(Beginning of DATASET)
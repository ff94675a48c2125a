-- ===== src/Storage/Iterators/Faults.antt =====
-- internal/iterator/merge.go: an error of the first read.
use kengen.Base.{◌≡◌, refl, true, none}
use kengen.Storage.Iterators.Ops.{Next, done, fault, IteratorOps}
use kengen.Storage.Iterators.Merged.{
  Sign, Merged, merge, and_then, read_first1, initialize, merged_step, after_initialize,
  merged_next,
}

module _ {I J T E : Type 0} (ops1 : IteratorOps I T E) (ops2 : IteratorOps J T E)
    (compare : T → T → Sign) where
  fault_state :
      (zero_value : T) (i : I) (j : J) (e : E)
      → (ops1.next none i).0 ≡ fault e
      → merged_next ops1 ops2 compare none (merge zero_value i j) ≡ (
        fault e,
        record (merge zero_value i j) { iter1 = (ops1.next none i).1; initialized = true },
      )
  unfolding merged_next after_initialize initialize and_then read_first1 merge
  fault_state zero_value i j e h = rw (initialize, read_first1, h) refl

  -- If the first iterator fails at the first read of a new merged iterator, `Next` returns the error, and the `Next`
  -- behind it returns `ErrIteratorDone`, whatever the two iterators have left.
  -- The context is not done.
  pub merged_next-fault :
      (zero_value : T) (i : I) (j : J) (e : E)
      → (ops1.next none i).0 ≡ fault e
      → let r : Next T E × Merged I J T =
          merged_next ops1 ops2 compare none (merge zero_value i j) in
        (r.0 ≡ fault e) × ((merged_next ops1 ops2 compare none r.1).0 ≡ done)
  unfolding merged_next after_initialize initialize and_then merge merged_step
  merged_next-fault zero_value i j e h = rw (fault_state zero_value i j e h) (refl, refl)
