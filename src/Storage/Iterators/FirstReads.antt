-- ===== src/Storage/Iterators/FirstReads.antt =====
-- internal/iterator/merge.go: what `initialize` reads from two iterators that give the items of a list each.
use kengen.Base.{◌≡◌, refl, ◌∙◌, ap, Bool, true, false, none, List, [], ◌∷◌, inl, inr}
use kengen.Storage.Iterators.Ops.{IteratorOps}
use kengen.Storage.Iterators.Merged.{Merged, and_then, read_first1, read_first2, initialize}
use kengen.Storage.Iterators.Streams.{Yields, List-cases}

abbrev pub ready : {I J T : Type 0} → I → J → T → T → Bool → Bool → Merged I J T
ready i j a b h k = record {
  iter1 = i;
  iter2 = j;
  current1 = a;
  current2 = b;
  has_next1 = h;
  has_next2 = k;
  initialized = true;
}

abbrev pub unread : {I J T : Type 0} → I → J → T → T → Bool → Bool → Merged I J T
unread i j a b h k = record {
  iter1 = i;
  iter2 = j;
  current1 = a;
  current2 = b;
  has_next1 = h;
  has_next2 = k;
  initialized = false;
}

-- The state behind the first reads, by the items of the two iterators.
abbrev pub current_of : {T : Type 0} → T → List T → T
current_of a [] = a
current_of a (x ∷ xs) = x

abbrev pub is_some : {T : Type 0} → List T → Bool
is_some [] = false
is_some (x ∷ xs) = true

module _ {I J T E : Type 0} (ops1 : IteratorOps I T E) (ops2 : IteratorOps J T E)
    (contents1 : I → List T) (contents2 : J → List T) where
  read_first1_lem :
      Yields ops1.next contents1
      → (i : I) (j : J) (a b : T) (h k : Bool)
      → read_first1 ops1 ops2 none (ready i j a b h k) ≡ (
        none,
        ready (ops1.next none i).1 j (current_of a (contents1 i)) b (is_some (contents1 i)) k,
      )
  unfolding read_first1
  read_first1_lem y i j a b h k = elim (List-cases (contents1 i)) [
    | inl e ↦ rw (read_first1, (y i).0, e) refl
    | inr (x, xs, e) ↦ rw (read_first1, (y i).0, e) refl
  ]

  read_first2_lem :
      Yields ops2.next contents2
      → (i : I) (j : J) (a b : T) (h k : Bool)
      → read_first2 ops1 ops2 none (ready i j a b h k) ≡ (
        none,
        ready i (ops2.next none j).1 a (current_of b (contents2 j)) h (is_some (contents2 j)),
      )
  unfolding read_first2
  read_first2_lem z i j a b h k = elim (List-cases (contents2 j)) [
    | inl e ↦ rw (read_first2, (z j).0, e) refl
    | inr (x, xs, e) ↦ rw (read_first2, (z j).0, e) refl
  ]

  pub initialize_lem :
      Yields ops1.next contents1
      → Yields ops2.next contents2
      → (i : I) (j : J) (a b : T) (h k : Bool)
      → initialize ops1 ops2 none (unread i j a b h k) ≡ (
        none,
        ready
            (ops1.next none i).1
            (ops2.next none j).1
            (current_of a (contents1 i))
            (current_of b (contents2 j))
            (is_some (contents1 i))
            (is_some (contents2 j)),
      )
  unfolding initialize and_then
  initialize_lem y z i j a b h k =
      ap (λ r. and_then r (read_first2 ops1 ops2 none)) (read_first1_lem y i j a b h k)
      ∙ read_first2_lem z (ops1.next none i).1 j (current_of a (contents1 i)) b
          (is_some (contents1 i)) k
(End of DATASET)
(Beginning of DATASET)
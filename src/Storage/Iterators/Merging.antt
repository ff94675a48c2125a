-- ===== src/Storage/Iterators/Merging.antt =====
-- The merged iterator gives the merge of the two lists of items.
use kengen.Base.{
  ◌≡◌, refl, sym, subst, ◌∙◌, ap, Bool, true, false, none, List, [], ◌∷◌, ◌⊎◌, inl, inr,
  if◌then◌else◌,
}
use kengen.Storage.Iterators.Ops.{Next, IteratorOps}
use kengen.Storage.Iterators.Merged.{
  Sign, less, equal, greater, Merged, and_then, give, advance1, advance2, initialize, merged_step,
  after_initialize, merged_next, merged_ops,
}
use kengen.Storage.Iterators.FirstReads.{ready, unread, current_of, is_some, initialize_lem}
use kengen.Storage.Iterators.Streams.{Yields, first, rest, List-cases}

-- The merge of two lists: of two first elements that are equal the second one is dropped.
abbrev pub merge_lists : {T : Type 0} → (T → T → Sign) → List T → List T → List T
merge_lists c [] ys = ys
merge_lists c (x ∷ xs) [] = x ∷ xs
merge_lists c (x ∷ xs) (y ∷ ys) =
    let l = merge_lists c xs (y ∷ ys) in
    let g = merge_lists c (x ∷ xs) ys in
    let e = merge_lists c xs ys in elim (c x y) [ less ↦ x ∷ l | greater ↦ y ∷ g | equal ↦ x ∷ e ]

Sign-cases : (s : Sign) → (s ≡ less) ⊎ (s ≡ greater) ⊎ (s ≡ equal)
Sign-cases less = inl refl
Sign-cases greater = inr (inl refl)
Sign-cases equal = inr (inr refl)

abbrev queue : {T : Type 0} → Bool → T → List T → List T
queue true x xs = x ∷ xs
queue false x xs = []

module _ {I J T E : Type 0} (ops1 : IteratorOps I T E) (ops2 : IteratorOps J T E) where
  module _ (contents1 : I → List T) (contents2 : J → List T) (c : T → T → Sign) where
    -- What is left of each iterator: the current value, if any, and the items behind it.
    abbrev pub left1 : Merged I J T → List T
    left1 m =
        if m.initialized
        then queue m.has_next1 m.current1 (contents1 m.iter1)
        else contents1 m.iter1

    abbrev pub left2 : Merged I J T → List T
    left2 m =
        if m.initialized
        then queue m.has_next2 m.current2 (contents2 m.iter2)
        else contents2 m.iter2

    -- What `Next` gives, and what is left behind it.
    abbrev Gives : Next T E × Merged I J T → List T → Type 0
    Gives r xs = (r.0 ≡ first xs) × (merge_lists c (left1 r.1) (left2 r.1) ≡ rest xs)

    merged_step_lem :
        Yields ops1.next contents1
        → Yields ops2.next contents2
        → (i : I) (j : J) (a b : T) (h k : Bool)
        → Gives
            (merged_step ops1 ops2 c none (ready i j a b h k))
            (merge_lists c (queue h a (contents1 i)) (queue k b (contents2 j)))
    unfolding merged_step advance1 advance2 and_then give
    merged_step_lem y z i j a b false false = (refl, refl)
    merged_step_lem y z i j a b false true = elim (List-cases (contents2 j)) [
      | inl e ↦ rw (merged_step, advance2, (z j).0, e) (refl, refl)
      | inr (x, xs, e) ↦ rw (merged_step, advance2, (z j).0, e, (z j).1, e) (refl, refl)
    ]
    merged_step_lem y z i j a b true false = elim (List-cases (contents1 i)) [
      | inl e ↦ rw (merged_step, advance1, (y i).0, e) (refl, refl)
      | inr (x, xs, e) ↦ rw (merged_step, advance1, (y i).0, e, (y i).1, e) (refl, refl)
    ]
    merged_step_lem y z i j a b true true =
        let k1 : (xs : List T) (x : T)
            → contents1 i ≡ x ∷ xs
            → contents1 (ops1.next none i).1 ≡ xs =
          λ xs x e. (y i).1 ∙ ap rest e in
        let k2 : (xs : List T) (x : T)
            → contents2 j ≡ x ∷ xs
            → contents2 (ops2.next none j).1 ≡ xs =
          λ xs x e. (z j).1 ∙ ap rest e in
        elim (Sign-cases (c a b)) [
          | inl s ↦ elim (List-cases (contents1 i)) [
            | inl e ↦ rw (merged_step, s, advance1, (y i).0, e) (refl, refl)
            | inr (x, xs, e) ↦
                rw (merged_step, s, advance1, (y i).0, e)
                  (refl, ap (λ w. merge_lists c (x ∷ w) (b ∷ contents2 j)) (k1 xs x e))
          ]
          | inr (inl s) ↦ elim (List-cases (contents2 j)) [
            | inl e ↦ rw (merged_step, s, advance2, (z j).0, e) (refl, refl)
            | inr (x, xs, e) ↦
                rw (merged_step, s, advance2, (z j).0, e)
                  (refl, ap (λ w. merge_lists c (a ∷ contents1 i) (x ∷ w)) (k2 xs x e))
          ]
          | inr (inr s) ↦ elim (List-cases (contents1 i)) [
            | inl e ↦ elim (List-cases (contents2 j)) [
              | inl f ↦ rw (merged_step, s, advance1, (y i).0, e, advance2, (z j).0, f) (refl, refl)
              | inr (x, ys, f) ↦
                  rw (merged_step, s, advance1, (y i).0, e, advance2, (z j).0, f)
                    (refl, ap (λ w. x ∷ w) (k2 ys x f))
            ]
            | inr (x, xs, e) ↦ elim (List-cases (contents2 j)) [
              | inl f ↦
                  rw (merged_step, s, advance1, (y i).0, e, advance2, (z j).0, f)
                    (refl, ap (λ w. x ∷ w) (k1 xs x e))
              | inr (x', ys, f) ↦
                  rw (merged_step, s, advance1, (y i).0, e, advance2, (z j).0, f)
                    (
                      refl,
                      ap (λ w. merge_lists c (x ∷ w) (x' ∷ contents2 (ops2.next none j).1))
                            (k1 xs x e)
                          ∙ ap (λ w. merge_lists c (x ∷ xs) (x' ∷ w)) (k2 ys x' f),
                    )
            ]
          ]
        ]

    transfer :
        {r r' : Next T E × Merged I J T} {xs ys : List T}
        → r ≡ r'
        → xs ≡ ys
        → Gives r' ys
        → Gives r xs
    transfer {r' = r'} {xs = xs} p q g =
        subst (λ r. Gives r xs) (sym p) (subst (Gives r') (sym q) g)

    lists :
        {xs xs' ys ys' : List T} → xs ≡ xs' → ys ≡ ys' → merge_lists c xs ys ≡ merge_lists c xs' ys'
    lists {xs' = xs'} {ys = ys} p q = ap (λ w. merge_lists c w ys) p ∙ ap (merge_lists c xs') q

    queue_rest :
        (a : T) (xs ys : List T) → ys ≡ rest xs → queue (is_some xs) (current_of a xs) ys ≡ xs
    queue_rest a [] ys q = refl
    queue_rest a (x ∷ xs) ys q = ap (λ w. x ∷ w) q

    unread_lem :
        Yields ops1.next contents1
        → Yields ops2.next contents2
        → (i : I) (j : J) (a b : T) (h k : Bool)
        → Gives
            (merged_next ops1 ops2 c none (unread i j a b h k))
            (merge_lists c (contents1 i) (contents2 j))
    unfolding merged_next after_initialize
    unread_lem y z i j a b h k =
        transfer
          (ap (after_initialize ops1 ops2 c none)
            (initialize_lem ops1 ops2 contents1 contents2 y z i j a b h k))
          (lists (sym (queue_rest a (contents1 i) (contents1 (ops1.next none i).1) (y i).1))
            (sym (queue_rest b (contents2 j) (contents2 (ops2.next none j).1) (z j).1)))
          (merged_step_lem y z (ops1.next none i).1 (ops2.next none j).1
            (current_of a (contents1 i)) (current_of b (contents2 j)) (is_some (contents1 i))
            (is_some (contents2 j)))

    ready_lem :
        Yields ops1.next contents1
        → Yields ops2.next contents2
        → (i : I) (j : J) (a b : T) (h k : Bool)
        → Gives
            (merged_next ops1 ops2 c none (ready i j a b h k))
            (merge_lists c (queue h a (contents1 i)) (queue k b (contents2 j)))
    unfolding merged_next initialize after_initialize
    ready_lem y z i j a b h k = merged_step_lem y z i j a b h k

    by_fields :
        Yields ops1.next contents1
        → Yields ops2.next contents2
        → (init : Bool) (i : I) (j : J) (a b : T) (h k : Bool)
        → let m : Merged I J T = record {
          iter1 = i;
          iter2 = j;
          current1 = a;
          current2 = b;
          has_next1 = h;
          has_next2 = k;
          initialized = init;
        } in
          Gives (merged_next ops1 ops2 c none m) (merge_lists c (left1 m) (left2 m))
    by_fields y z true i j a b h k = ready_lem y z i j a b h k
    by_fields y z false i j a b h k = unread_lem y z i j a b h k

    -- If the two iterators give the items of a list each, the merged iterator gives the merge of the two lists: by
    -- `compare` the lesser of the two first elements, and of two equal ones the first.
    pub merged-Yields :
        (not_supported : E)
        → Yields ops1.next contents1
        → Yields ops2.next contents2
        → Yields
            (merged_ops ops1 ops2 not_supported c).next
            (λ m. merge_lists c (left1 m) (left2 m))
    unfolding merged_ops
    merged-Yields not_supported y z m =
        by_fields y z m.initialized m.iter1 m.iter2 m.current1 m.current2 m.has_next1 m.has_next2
(End of DATASET)
(Beginning of DATASET)
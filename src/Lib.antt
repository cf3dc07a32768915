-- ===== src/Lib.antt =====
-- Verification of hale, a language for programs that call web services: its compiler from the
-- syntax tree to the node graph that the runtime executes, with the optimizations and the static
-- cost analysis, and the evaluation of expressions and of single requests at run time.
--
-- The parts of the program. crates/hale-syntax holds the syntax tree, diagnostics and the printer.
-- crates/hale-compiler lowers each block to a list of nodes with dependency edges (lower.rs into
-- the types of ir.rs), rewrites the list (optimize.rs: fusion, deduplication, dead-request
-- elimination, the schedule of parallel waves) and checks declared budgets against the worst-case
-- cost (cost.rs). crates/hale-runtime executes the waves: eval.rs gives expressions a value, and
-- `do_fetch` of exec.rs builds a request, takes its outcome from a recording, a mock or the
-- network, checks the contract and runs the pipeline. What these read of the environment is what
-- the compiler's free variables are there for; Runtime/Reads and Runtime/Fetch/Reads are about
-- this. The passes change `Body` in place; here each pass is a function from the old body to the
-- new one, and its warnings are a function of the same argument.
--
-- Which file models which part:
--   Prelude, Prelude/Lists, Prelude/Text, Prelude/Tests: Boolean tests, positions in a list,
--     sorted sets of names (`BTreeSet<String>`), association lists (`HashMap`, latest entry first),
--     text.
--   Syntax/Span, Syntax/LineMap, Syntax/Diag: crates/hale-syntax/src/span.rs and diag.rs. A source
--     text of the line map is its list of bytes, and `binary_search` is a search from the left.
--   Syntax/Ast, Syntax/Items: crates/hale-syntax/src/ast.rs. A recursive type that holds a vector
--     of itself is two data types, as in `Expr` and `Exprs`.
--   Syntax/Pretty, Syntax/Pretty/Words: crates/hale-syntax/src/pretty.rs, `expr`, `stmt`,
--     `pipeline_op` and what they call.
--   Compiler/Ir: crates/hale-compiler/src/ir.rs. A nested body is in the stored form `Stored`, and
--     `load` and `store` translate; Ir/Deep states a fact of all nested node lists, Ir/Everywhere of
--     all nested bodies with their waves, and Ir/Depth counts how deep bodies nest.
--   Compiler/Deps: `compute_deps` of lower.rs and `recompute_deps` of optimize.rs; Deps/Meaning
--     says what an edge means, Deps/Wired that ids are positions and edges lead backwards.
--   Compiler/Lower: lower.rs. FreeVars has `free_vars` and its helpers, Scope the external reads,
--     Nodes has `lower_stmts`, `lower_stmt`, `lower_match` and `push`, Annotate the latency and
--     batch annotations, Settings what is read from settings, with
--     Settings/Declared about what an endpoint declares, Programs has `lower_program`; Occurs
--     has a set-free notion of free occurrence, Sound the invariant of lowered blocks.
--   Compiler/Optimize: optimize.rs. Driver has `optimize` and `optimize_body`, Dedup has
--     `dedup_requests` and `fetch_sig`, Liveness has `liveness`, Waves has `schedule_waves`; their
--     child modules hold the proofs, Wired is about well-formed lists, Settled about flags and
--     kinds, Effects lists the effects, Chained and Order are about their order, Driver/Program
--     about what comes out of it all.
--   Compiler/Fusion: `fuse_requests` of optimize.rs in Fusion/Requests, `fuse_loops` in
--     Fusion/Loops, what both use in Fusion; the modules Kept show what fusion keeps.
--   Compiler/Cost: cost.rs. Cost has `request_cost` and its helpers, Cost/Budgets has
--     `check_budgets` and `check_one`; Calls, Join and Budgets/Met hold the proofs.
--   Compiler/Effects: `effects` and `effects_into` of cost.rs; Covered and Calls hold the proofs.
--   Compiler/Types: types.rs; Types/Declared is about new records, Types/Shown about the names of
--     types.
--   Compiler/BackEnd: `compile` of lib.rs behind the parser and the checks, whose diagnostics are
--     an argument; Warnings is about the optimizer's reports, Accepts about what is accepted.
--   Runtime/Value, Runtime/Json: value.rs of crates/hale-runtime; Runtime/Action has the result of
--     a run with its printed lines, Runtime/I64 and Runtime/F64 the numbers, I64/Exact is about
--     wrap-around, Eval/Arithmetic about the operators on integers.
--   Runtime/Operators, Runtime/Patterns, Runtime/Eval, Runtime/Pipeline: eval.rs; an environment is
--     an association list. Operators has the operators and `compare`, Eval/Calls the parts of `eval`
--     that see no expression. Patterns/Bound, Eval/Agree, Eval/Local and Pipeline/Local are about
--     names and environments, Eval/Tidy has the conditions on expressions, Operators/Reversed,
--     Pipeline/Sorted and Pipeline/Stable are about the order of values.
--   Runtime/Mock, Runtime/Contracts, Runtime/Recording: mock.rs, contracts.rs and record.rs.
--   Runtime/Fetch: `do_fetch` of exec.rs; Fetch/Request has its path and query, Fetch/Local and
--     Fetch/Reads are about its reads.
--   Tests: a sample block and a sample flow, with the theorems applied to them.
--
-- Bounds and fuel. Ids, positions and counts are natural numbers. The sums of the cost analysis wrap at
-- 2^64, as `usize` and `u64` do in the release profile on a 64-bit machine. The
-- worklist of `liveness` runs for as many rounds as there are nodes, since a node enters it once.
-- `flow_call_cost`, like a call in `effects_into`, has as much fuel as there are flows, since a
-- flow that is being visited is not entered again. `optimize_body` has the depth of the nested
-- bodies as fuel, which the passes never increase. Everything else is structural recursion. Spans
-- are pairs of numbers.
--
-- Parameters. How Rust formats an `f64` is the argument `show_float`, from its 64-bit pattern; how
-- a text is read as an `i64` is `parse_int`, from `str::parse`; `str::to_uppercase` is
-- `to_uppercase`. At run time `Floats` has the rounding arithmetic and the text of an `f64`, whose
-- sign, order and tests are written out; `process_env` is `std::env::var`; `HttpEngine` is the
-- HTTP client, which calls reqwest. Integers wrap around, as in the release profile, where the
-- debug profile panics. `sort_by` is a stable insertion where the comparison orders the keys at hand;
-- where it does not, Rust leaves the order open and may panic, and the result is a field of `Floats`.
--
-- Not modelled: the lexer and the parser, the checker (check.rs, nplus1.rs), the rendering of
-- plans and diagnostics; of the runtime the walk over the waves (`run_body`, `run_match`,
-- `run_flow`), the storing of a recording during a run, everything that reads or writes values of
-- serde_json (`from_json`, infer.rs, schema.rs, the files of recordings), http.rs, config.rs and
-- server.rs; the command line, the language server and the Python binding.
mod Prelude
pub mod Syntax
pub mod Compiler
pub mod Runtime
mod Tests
(End of DATASET)
ASSIGNMENT: Retype the records above, but only those lines that fall between the line containing "e ↦ rw (read_first2, (z j).0, e) refl" and the line containing "read_first2_lem z (ops1.next", with both of those lines included, exactly as written.

RESPONSE AREA:
    | inl e ↦ rw (read_first2, (z j).0, e) refl
    | inr (x, xs, e) ↦ rw (read_first2, (z j).0, e) refl
  ]

  pub initialize_lem :
      Yields ops1.next contents1
      → Yields ops2.next contents2
      → (i : I) (j : J) (a b : T) (h k : Bool)
      → initialize ops1 ops2 none (unread i j a b h k) ≡ (
        none,
        ready
            (ops1.next none i).1
            (ops2.next none j).1
            (current_of a (contents1 i))
            (current_of b (contents2 j))
            (is_some (contents1 i))
            (is_some (contents2 j)),
      )
  unfolding initialize and_then
  initialize_lem y z i j a b h k =
      ap (λ r. and_then r (read_first2 ops1 ops2 none)) (read_first1_lem y i j a b h k)
      ∙ read_first2_lem z (ops1.next none i).1 j (current_of a (contents1 i)) b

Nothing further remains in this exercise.